» **What you have to do**
Nothing but the lines from the one with "power_positive (suc n)" through the final line of the entries below should be written out, each exactly as given.

# # #

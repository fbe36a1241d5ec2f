-- ===== src/Services/Indexing/Due.antt =====
-- How many jobs of the queue are due, and what makes them fewer.
use rag_anotacoes_sdd.Prelude.{
  ℕ, zero, suc, ◌-◌, ◌^◌, ◌≤◌, ◌<◌, ◌≡◌, Bool, true, false, List, [], ◌∷◌, ◌++◌, if◌then◌else◌,
  Instant, arith, ok,
}
use rag_anotacoes_sdd.Text.{Text}
use rag_anotacoes_sdd.Domain.Jobs.{IndexingJob, complete, fail_transient}
use rag_anotacoes_sdd.Persistence.Tables.{IndexingJobRecord, update_where}
use rag_anotacoes_sdd.Persistence.Jobs.{is_due, claimed_row}

-- How many jobs are due.
unfoldable pub due_jobs : Instant → List IndexingJobRecord → ℕ
due_jobs now [] = 0
due_jobs now (j ∷ js) = if is_due now j then suc (due_jobs now js) else due_jobs now js

-- Rows that are replaced by one that is not due are due no more.
pub due_jobs-update_where :
    (now : Instant) (p : IndexingJobRecord → Bool) (f : IndexingJobRecord → IndexingJobRecord)
    (js : List IndexingJobRecord)
    → ((j : IndexingJobRecord) → is_due now (f j) ≡ false)
    → due_jobs now (update_where p f js) ≤ due_jobs now js
unfolding due_jobs update_where
due_jobs-update_where now p f [] h = ground arith
due_jobs-update_where now p f (j ∷ js) h = ground (arith, h j, due_jobs-update_where now p f js h)

-- Where one of them was due, they are fewer.
pub due_jobs_fewer :
    (now : Instant) (p : IndexingJobRecord → Bool) (f : IndexingJobRecord → IndexingJobRecord)
    (before : List IndexingJobRecord) (r : IndexingJobRecord) (after : List IndexingJobRecord)
    → ((j : IndexingJobRecord) → is_due now (f j) ≡ false)
    → p r ≡ true
    → is_due now r ≡ true
    → due_jobs now (update_where p f (before ++ r ∷ after)) < due_jobs now (before ++ r ∷ after)
unfolding due_jobs update_where
due_jobs_fewer now p f [] r after h e d =
    ground (arith, h r, e, d, due_jobs-update_where now p f after h)
due_jobs_fewer now p f (j ∷ js) r after h e d =
    ground (arith, h j, due_jobs_fewer now p f js r after h e d)

pub claimed_row-not_due :
    (now : Instant) (lease_seconds : ℕ) (r : IndexingJobRecord)
    → 1 ≤ lease_seconds
    → is_due now (claimed_row now lease_seconds r) ≡ false
unfolding is_due claimed_row
claimed_row-not_due now lease_seconds r h = ground arith

pub complete-not_due :
    (now later : Instant) (job after : IndexingJob)
    → complete job later ≡ ok after
    → is_due now after ≡ false
unfolding complete is_due
complete-not_due now later job after h = ground arith

power_positive : (n : ℕ) → 1 ≤ 2 ^ n
power_positive zero = ground arith
power_positive (suc n) = (let h = power_positive n in ground (arith, h))

pub fail_transient-not_due :
    (now later : Instant) (job after : IndexingJob) (code : Text) (n : ℕ)
    → now ≤ later
    → fail_transient job code later n ≡ ok after
    → is_due now after ≡ false
unfolding fail_transient is_due
fail_transient-not_due now later job after code n l h =
    let waits = power_positive (job.attempt_count - 1) in ground (arith, waits)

# # #

» **Result for this task**
power_positive (suc n) = (let h = power_positive n in ground (arith, h))

pub fail_transient-not_due :
    (now later : Instant) (job after : IndexingJob) (code : Text) (n : ℕ)
    → now ≤ later
    → fail_transient job code later n ≡ ok after
    → is_due now after ≡ false
unfolding fail_transient is_due
fail_transient-not_due now later job after code n l h =
    let waits = power_positive (job.attempt_count - 1) in ground (arith, waits)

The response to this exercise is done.